*** Opening Extracted data ***

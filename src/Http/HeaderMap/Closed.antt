-- ===== src/Http/HeaderMap/Closed.antt =====
-- The static lookup table answers with names that it knows.
use meliproxy.Http.HeaderMap.{
  StaticLookupEntry, Response, new_entry, add, add_all, static_lookup_table, find_response,
}
use meliproxy.Http.HeaderMap.Lookup.{find_response-add, find_response-new_entry}
use meliproxy.Shared.{
  arith, false, some, some_inj, ◌∙◌, List, Bytes, sym, [], none, table, ◌∷◌, Bool, ap, Option, ◌≡◌,
  bytes_eq_refl, refl, if◌then◌else◌, true, bytes_eq, ◌||◌,
}

abbrev pub is_some {ℓ} : {A : Type ℓ} → Option A → Bool
is_some none = false
is_some (some a) = true

abbrev pub IsClosed : StaticLookupEntry → Type 0
IsClosed table =
    (key : Bytes) (r : Response)
    → find_response key table ≡ some r
    → is_some (find_response r.name table) ≡ true

-- A name that is found is found after an addition.
stays :
    (key name : Bytes) (r : Response) (t : StaticLookupEntry)
    → (bytes_eq name key || is_some (find_response key t)) ≡ true
    → is_some (find_response key (add name r t)) ≡ true
stays key name r t h = ap is_some (find_response-add key name r t) ∙ by_name (bytes_eq name key) h
  where
    by_name :
        (b : Bool)
        → (b || is_some (find_response key t)) ≡ true
        → is_some (if b then some r else find_response key t) ≡ true
    by_name true h = refl
    by_name false h = h

add-IsClosed :
    (name : Bytes) (r : Response) (t : StaticLookupEntry)
    → (bytes_eq name r.name || is_some (find_response r.name t)) ≡ true
    → IsClosed t
    → IsClosed (add name r t)
add-IsClosed name r t h c key s e =
    by_name (bytes_eq name key) (sym (find_response-add key name r t) ∙ e)
  where
    by_name :
        (b : Bool)
        → (if b then some r else find_response key t) ≡ some s
        → is_some (find_response s.name (add name r t)) ≡ true
    by_name true e =
        ap (λ s. is_some (find_response s.name (add name r t))) (sym (some_inj e))
        ∙ stays r.name name r t h
    by_name false e = stays s.name name r t (found (bytes_eq name s.name) (c key s e))
      where
        found :
            (b : Bool)
            → is_some (find_response s.name t) ≡ true
            → (b || is_some (find_response s.name t)) ≡ true
        found true e = refl
        found false e = e

add_all-IsClosed :
    (rs : List Response) (t : StaticLookupEntry) → IsClosed t → IsClosed (add_all rs t)
unfolding add_all
add_all-IsClosed [] t c = c
add_all-IsClosed (r ∷ rs) t c =
    add_all-IsClosed rs (add r.name r t)
      (add-IsClosed r.name r t (rw (bytes_eq_refl r.name) refl) c)

-- Whether one of the inline headers has a name.
abbrev pub names : Bytes → List Response → Bool
names name [] = false
names name (r ∷ rs) = bytes_eq r.name name || names name rs

find_response-add_all :
    (name : Bytes) (rs : List Response) (t : StaticLookupEntry)
    → (is_some (find_response name t) || names name rs) ≡ true
    → is_some (find_response name (add_all rs t)) ≡ true
unfolding add_all
find_response-add_all name [] t h = ground arith
find_response-add_all name (r ∷ rs) t h =
    find_response-add_all name rs (add r.name r t) (ground (arith, stays name r.name r t))

-- The legacy name is for one of the inline headers.
pub static_lookup_table-IsClosed :
    (inline_headers : List Response) (host_legacy : Bytes) (host : Response)
    → names host.name inline_headers ≡ true
    → IsClosed (static_lookup_table inline_headers host_legacy host)
unfolding static_lookup_table
static_lookup_table-IsClosed rs legacy host h =
    add-IsClosed legacy host (add_all rs new_entry)
      (host_found (bytes_eq legacy host.name) (
        find_response-add_all host.name rs new_entry
          (ap (λ o. is_some o || names host.name rs) (find_response-new_entry host.name) ∙ h)))
      (add_all-IsClosed rs new_entry
        (λ key r e. absurd (no r (sym (find_response-new_entry key) ∙ e))))
  where
    host_found :
        (b : Bool)
        → is_some (find_response host.name (add_all rs new_entry)) ≡ true
        → (b || is_some (find_response host.name (add_all rs new_entry))) ≡ true
    host_found true e = refl
    host_found false e = e

    no : (r : Response) → none ≡ some r → ⊥
    no r e = cc
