-- ===== src/Http/HeaderMap/Pointers.antt =====
-- The pointers to the inline headers.
use meliproxy.Http.HeaderMap.Closed.{IsClosed, is_some}
use meliproxy.Http.HeaderMap.{
  StaticLookupEntry, Response, find_response, HeaderEntry, HeaderMap, point, emplace,
  maybe_create_inline, insert_by_key, erase_id, remove_inline, remove_key, remove,
}
use meliproxy.Shared.{
  table, true, ◌==◌, some, Option, ◌++◌, List, Bool, ℕ, ◌&&◌, none, refl, Bytes, ◌∙◌, [], ◌<◌,
  arith, ◌≡◌, ◌∷◌, false, ◌||◌, inl, ap, bytes_eq, Bool-cases, inr, ◌⊎◌, some_inj, sym,
  bytes_eq_sound, ==_iff, ==-true, ne_of_==_false, ◌+◌,
}

-- The list has an entry of this number, whose key is the name of an inline header.
abbrev pub holds : StaticLookupEntry → ℕ → List HeaderEntry → Bool
holds table id [] = false
holds table id (h ∷ hs) = (h.id == id && is_some (find_response h.key table)) || holds table id hs

-- No pointer dangles, and no two point to the same entry.
pub record IsValid (m : HeaderMap) : Type 0 where
  pub points : (slot id : ℕ) → m.inline_headers slot ≡ some id → holds m.table id m.headers ≡ true
  pub apart : (i j id : ℕ) → m.inline_headers i ≡ some id → m.inline_headers j ≡ some id → i ≡ j
  pub fresh : (slot id : ℕ) → m.inline_headers slot ≡ some id → id < m.next_id

holds-append :
    (table : StaticLookupEntry) (id : ℕ) (hs js : List HeaderEntry)
    → holds table id (hs ++ js) ≡ (holds table id hs || holds table id js)
holds-append table id [] js = refl
holds-append table id (h ∷ hs) js = ground (arith, holds-append table id hs js)

holds-erase_id :
    (table : StaticLookupEntry) (id k : ℕ) (hs : List HeaderEntry)
    → (k == id) ≡ false
    → holds table k (erase_id id hs) ≡ holds table k hs
unfolding erase_id
holds-erase_id table id k [] n = refl
holds-erase_id table id k (h ∷ hs) n = ground (arith, holds-erase_id table id k hs n)

absent : (a s b : Bool) → s ≡ false → b ≡ ((a && s) || b)
absent a s b e = ground arith

holds-remove_key :
    (table : StaticLookupEntry) (id : ℕ) (key : Bytes) (hs : List HeaderEntry)
    → is_some (find_response key table) ≡ false
    → holds table id (remove_key key hs) ≡ holds table id hs
unfolding remove_key
holds-remove_key table id key [] n = refl
holds-remove_key table id key (h ∷ hs) n = elim (Bool-cases (bytes_eq h.key key)) [
  | inl t ↦ rw t (
      holds-remove_key table id key hs n
      ∙ absent (h.id == id) (is_some (find_response h.key table)) (holds table id hs)
          (ap (λ k. is_some (find_response k table)) (bytes_eq_sound h.key key t) ∙ n))
  | inr t ↦ rw t (
      ap (λ b. (h.id == id && is_some (find_response h.key table)) || b)
        (holds-remove_key table id key hs n))
]

emplace-IsValid : (key value : Bytes) (m : HeaderMap) → IsValid m → IsValid (emplace key value m)
emplace-IsValid key value m v = record {
  points = λ slot id e. holds-append m.table id m.headers _ ∙ rw (v.points slot id e) refl;
  apart = v.apart;
  fresh = λ slot id e. omega (arith, v.fresh slot id e);
}

point-new :
    (slot i id n : ℕ) (inline_headers : ℕ → Option ℕ)
    → point slot (some n) inline_headers i ≡ some id
    → ((i ≡ slot) × (id ≡ n)) ⊎ (inline_headers i ≡ some id)
point-new slot i id n f e = elim (Bool-cases (i == slot)) [
  | inl t ↦ inl ((==_iff i slot).0 t, sym (some_inj (rw (t, point) at e)))
  | inr t ↦ inr (rw (t, point) at e)
]

point-none :
    (slot i id : ℕ) (inline_headers : ℕ → Option ℕ)
    → point slot none inline_headers i ≡ some id
    → ((i == slot) ≡ false) × (inline_headers i ≡ some id)
point-none slot i id f e = elim (Bool-cases (i == slot)) [
  | inl t ↦ absurd (no (rw (t, point) at e))
  | inr t ↦ (t, rw (t, point) at e)
]
  where
    no : none ≡ some id → ⊥
    no e = cc

maybe_create_inline-IsValid :
    (slot : ℕ) (key value : Bytes) (m : HeaderMap)
    → is_some (find_response key m.table) ≡ true
    → IsValid m
    → IsValid (maybe_create_inline slot key value m)
unfolding maybe_create_inline
maybe_create_inline-IsValid slot key value m k v = by_pointer (m.inline_headers slot)
  where
    w : IsValid (emplace key value m)
    w = emplace-IsValid key value m v

    created :
        (i id : ℕ)
        → ((i ≡ slot) × (id ≡ m.next_id)) ⊎ (m.inline_headers i ≡ some id)
        → holds m.table id (emplace key value m).headers ≡ true
    created i id (inl (a, b)) =
        holds-append m.table id m.headers _
        ∙ last (holds m.table id m.headers) (m.next_id == id) (is_some (find_response key m.table))
            (==-true m.next_id id (sym b)) k
      where
        last : (a b c : Bool) → b ≡ true → c ≡ true → (a || ((b && c) || false)) ≡ true
        last a b c e f = ground arith
    created i id (inr e) = w.points i id e

    below :
        (i id : ℕ)
        → ((i ≡ slot) × (id ≡ m.next_id)) ⊎ (m.inline_headers i ≡ some id)
        → id < m.next_id + 1
    below i id (inl (a, b)) = omega (arith, b)
    below i id (inr e) = omega (arith, v.fresh i id e)

    meets :
        (i j id : ℕ)
        → ((i ≡ slot) × (id ≡ m.next_id)) ⊎ (m.inline_headers i ≡ some id)
        → ((j ≡ slot) × (id ≡ m.next_id)) ⊎ (m.inline_headers j ≡ some id)
        → i ≡ j
    meets i j id (inl (a, b)) (inl (c, d)) = a ∙ sym c
    meets i j id (inl (a, b)) (inr f) = omega (arith, b, v.fresh j id f)
    meets i j id (inr e) (inl (c, d)) = omega (arith, d, v.fresh i id e)
    meets i j id (inr e) (inr f) = v.apart i j id e f

    by_pointer :
        (p : Option ℕ)
        → IsValid (elim p [
          | some id ↦ m
          | none ↦ record (emplace key value m) {
            inline_headers = point slot (some m.next_id) m.inline_headers;
          }
        ])
    by_pointer (some id) = v
    by_pointer none = record {
      points = λ i id e. created i id (point-new slot i id m.next_id m.inline_headers e);
      apart = λ i j id e f.
          meets i j id (point-new slot i id m.next_id m.inline_headers e)
            (point-new slot j id m.next_id m.inline_headers f);
      fresh = λ i id e. below i id (point-new slot i id m.next_id m.inline_headers e);
    }

pub insert_by_key-IsValid :
    (key value : Bytes) (m : HeaderMap)
    → IsClosed m.table
    → IsValid m
    → IsValid (insert_by_key key value m)
unfolding insert_by_key
insert_by_key-IsValid key value m c v = by_response (find_response key m.table) refl
  where
    by_response :
        (r : Option Response)
        → find_response key m.table ≡ r
        → IsValid (elim r [
          | some r ↦ maybe_create_inline r.slot r.name value m
          | none ↦ emplace key value m
        ])
    by_response none e = emplace-IsValid key value m v
    by_response (some r) e = maybe_create_inline-IsValid r.slot r.name value m (c key r e) v

remove_inline-IsValid : (slot : ℕ) (m : HeaderMap) → IsValid m → IsValid (remove_inline slot m)
unfolding remove_inline
remove_inline-IsValid slot m v = by_pointer (m.inline_headers slot) refl
  where
    erased :
        (gone i id : ℕ)
        → m.inline_headers slot ≡ some gone
        → ((i == slot) ≡ false) × (m.inline_headers i ≡ some id)
        → holds m.table id (erase_id gone m.headers) ≡ true
    erased gone i id g (n, e) = elim (Bool-cases (id == gone)) [
      | inl t ↦
          absurd
            (ne_of_==_false i slot n (v.apart i slot gone (e ∙ ap some ((==_iff id gone).0 t)) g))
      | inr t ↦ holds-erase_id m.table gone id m.headers t ∙ v.points i id e
    ]

    by_pointer :
        (p : Option ℕ)
        → m.inline_headers slot ≡ p
        → IsValid (elim p [
          | none ↦ m
          | some id ↦ record m {
            inline_headers = point slot none m.inline_headers;
            headers = erase_id id m.headers;
          }
        ])
    by_pointer none g = v
    by_pointer (some gone) g = record {
      points = λ i id e. erased gone i id g (point-none slot i id m.inline_headers e);
      apart = λ i j id e f.
          v.apart i j id (point-none slot i id m.inline_headers e).1
            (point-none slot j id m.inline_headers f).1;
      fresh = λ i id e. v.fresh i id (point-none slot i id m.inline_headers e).1;
    }

-- Insertions into a valid map and removals from it leave no pointer to an inline header dangling, and no
-- two pointers to the same entry. The static table answers only with names that it knows.
pub changes-IsValid :
    (key value : Bytes) (m : HeaderMap)
    → IsClosed m.table
    → IsValid m
    → IsValid (insert_by_key key value m) × IsValid (remove key m)
unfolding remove
changes-IsValid key value m c v =
    (insert_by_key-IsValid key value m c v, by_response (find_response key m.table) refl)
  where
    by_response :
        (r : Option Response)
        → find_response key m.table ≡ r
        → IsValid (elim r [
          | some r ↦ remove_inline r.slot m
          | none ↦ record m { headers = remove_key key m.headers }
        ])
    by_response (some r) e = remove_inline-IsValid r.slot m v
    by_response none e = record {
      points = λ slot id p.
          holds-remove_key m.table id key m.headers (ap is_some e) ∙ v.points slot id p;
      apart = v.apart;
      fresh = v.fresh;
    }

*** Closing Extracted data ***

(Task statement): Please provide the number of lines in the listing above that contain the word "points", and nothing further.

(Exercise solution): 8